These are the key concepts you need to understand to accurately answer the question.

Rectangular Coordinate System
A rectangular coordinate system is a fundamental concept in algebra and geometry, often used for graphing equations. It is composed of two number lines that intersect at a right angle:
  • the horizontal line is known as the x-axis
  • the vertical line is known as the y-axis
  • their point of intersection is termed the origin, marked as (0,0)
The plane formed by these two axes is called the coordinate plane. Every point on this plane can be expressed as a coordinate pair, \(x, y\), where x is the horizontal position, and y is the vertical position. This system is crucial for graphing lines and curves, representing various mathematical relationships visually.
Horizontal Line
A horizontal line is a straight line that runs from left to right across the rectangular coordinate system without ever changing its vertical position. In the equation form, it is typically written as \(y = c\), where c is a constant. Here are some features of a horizontal line:
  • For all points on the line, the y-coordinate remains constant, indicating a uniform height. In the case of the equation y=4, all points maintain a y-value of 4.
  • This type of line is parallel to the x-axis.
  • It does not intersect the x-axis unless the constant c equals zero, which would mean the line coincides with the x-axis.
Understanding the concept of a horizontal line helps in graphing equations where only the y-value is fixed.
Y-Axis
The y-axis is the vertical line in the rectangular coordinate system. It plays a pivotal role, as it represents the dependent variable when graphing equations. Here are some important characteristics:
  • It is perpendicular to the x-axis.
  • The y-intercept of a line is the point where the line crosses the y-axis. For y=4, this is at (0,4).
  • The y-axis helps to determine how a variable behaves as it moves up and down across the coordinate system.
  • It is typically labeled "y" and coordinates are marked vertically on it.
In any equation graph, knowing how the line interacts with the y-axis is crucial for accurate representation and understanding of the data or values involved.
Plotting Points
Plotting points is a method used to visualize mathematical equations and data on the rectangular coordinate system. Here's how to plot a point:
  • Start at the origin point (0,0).
  • Move horizontally to the x-coordinate value.

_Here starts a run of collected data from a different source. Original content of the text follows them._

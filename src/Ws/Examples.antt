-- ===== src/Ws/Examples.antt =====
-- The hub and the router (internal/ws) with two connections.
use domus.Prelude.{codes, str_eq, true, ◌≡◌, refl, none, some, [], ◌∷◌, arith}
use domus.Dict.{lookup, insert}
use domus.Dict.Holds.{Holds, Holds-empty, Holds-insert}
use domus.Ws.Hub.{Conn, Hub, new_hub, register, subscribe, notify_directory}
use domus.Ws.Hub.Invariant.{Reachable, started, stepped, registers, subscribes, step}
use domus.Ws.Hub.Delivery.{IsVisible, notify_directory_sound}

abbrev one : Hub
one = step (registers (codes "c1") (codes "ann") (codes "user")) new_hub

abbrev two : Hub
two = step (registers (codes "c2") (codes "bob") (codes "root")) one

abbrev hub : Hub
hub = step (subscribes (codes "/a/") (codes "c1")) two

one-IsFresh : lookup (codes "c1") new_hub.objects ≡ none
unfolding lookup new_hub
one-IsFresh = refl

two-IsFresh : lookup (codes "c2") one.objects ≡ none
unfolding lookup step register domus.Dict.insert new_hub str_eq
two-IsFresh = refl

two-Reachable : Reachable two
two-Reachable =
    stepped (registers (codes "c2") (codes "bob") (codes "root")) one two-IsFresh
      (stepped (registers (codes "c1") (codes "ann") (codes "user")) new_hub one-IsFresh started)

hub-Reachable : Reachable hub
hub-Reachable = stepped (subscribes (codes "/a/") (codes "c1")) two tt two-Reachable

abbrev ann : Conn
ann = record { user_id = codes "ann"; role = codes "user"; subs = (codes "/a/", true) ∷ [] }

abbrev bob : Conn
bob = record { user_id = codes "bob"; role = codes "root"; subs = [] }

ann-IsVisible : IsVisible (codes "ann")
ann-IsVisible =
    ((omega arith, omega arith), ((omega arith, omega arith), ((omega arith, omega arith), tt)))

bob-IsVisible : IsVisible (codes "bob")
bob-IsVisible =
    ((omega arith, omega arith), ((omega arith, omega arith), ((omega arith, omega arith), tt)))

hub_objects : hub.objects ≡ (codes "c1", ann) ∷ ((codes "c2", bob) ∷ [])
unfolding step subscribe lookup register domus.Dict.insert new_hub str_eq
hub_objects = refl

hub-IsVisible : Holds (λ _ c. IsVisible c.user_id) hub.objects
unfolding str_eq
hub-IsVisible = rw hub_objects all
  where
    all : Holds (λ _ c. IsVisible c.user_id) ((codes "c1", ann) ∷ ((codes "c2", bob) ∷ []))
    all =
        unfold insert in
        Holds-insert (λ _ c. IsVisible c.user_id) (codes "c2") bob ((codes "c1", ann) ∷ [])
          bob-IsVisible
          (Holds-insert (λ _ c. IsVisible c.user_id) (codes "c1") ann [] ann-IsVisible
            (Holds-empty (λ _ c. IsVisible c.user_id)))

ann_is_sent :
    lookup (codes "c1") (notify_directory (codes "ann") (codes "/a/") hub) ≡ some (codes "c1")
unfolding lookup notify_directory step subscribe register domus.Dict.insert new_hub str_eq
    domus.Prelude.trim_space domus.Prelude.trim_left_from domus.Prelude.trim_right
    domus.Prelude.space_width domus.Prelude.is_space
ann_is_sent = refl

notify_directory_sound_example :
    (codes "c1" ≡ codes "c1")
    × ((c : Conn) × (lookup (codes "c1") hub.objects ≡ some c)
        × (c.user_id ≡ codes "ann")
        × (lookup (codes "/a/") c.subs ≡ some true))
notify_directory_sound_example =
    notify_directory_sound (codes "ann") (codes "/a/") (codes "c1") (codes "c1") hub hub-Reachable
      ann-IsVisible hub-IsVisible ann_is_sent
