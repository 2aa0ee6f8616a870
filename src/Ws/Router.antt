-- ===== src/Ws/Router.antt =====
-- `Router` of internal/ws/router.go. A handler is a function of the connection, the request id and
-- the data.
use domus.Prelude.{
  Text, codes, str_eq, Bool, true, false, not, ◌&&◌, ◌≡◌, none, some, arith, if◌then◌else◌,
}
use domus.Dict.{Dict, lookup, insert}
use domus.Dict.Lookup.{lookup-insert}
use domus.Ws.Hub.{Conn}

-- The router's own errors, and those of handlers.
pub data ActionError : Type 0 where
  unknown_action forbidden : ActionError
  failed : Text → ActionError

pub data Reply (A : Type 0) : Type 0 where
  answered : A → Reply A
  refused : ActionError → Reply A

pub record ActionEntry (A : Type 0) : Type 0 where
  pub handler : Conn → Text → Text → Reply A
  pub root_only : Bool

abbrev pub Router : Type 0 → Type 0
Router A = Dict (ActionEntry A)

unfoldable handle : {A : Type 0} → Text → (Conn → Text → Text → Reply A) → Router A → Router A
handle action handler r = insert action (record { handler = handler; root_only = false }) r

unfoldable handle_root : {A : Type 0} → Text → (Conn → Text → Text → Reply A) → Router A → Router A
handle_root action handler r = insert action (record { handler = handler; root_only = true }) r

unfoldable dispatch : {A : Type 0} → Conn → Text → Text → Text → Router A → Reply A
dispatch conn req_id action payload r = elim (lookup action r) [
  | none ↦ refused unknown_action
  | some entry ↦
      if entry.root_only && not (str_eq conn.role (codes "root"))
      then refused forbidden
      else entry.handler conn req_id payload
]

unfoldable has_action : {A : Type 0} → Text → Router A → Bool
has_action action r = elim (lookup action r) [ none ↦ false | some _ ↦ true ]

-- After an action is registered for the root role, it is answered by its handler to connections
-- of that role and is refused as forbidden to all others, and every other action is answered as
-- before.
dispatch-handle_root :
    {A : Type 0} (conn : Conn) (req_id action other payload : Text)
    (handler : Conn → Text → Text → Reply A) (r : Router A)
    → dispatch conn req_id other payload (handle_root action handler r) ≡ (
        if str_eq action other
        then (if str_eq conn.role (codes "root")
            then handler conn req_id payload
            else refused forbidden)
        else dispatch conn req_id other payload r)
unfolding dispatch handle_root
dispatch-handle_root conn req_id action other payload handler r =
    ground (arith, lookup-insert action other (record { handler = handler; root_only = true }) r)
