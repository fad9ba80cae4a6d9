-- ===== src/Nodes/Queue/Tests.antt =====
-- Runs of the queue.
use cloudbase.Prelude.{
  ℕ, ◌≤◌, ◌≡◌, refl, true, some, List, [], ◌∷◌, arith, ◌==◌, count_where, order_by,
}
use cloudbase.Nodes.Queue.{
  item_of, QueueRequest, queue_node_command, claim_pending_commands, duplicate_of,
}
use cloudbase.Nodes.Queue.Once.{claimed, claimed_once}
use cloudbase.Nodes.Queue.Exact.{claim_pending_exact}
use cloudbase.Nodes.Queue.Dedupe.{queue_dedupe}
use cloudbase.Nodes.Sample.{start_web, start_replica, sample}

abbrev attempts : List (ℕ × ℕ)
attempts = (30, 1) ∷ (31, 2) ∷ (31, 1) ∷ (32, 3) ∷ (33, 2) ∷ []

claimed_once_example : count_where (λ i. i == 1) (claimed attempts sample.commands) ≤ 1
claimed_once_example = claimed_once 1 attempts sample.commands

claim_pending_exact_example :
    (claim_pending_commands 30 7 10 sample).0 ≡ item_of start_replica ∷ item_of start_web ∷ []
unfolding order_by
claim_pending_exact_example =
    claim_pending_exact 30 7 10 sample
      (((λ e. omega arith), ((λ e. omega arith), tt)), (((λ e. omega arith), tt), (tt, tt)))

abbrev again : QueueRequest
again = record {
  now = 40;
  fresh_id = 4;
  key = "k4";
  node_id = 7;
  command_type = "start_app";
  payload = [];
  app_id = some 3;
  allow_existing_inflight = true;
}

queue_dedupe_example :
    (count_where (duplicate_of 7 "start_app" (some 3)) (queue_node_command again sample).1.commands
      ≤ 1)
    × (duplicate_of 7 "start_app" (some 3) (queue_node_command again sample).0 ≡ true)
unfolding duplicate_of
queue_dedupe_example = queue_dedupe again sample 7 "start_app" (some 3) refl (omega arith)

  • From there, move vertically to the y-coordinate value.
  • Mark this position as the point on the graph.
To graph a horizontal line like y=4, you specifically focus on placing points where y equals 4, such as (1,4), (2,4), or (-3,4). Once two or more points are plotted, the points can be connected to form the line. Plotting provides a visual aid, making comprehension of linear equations much simpler for learners.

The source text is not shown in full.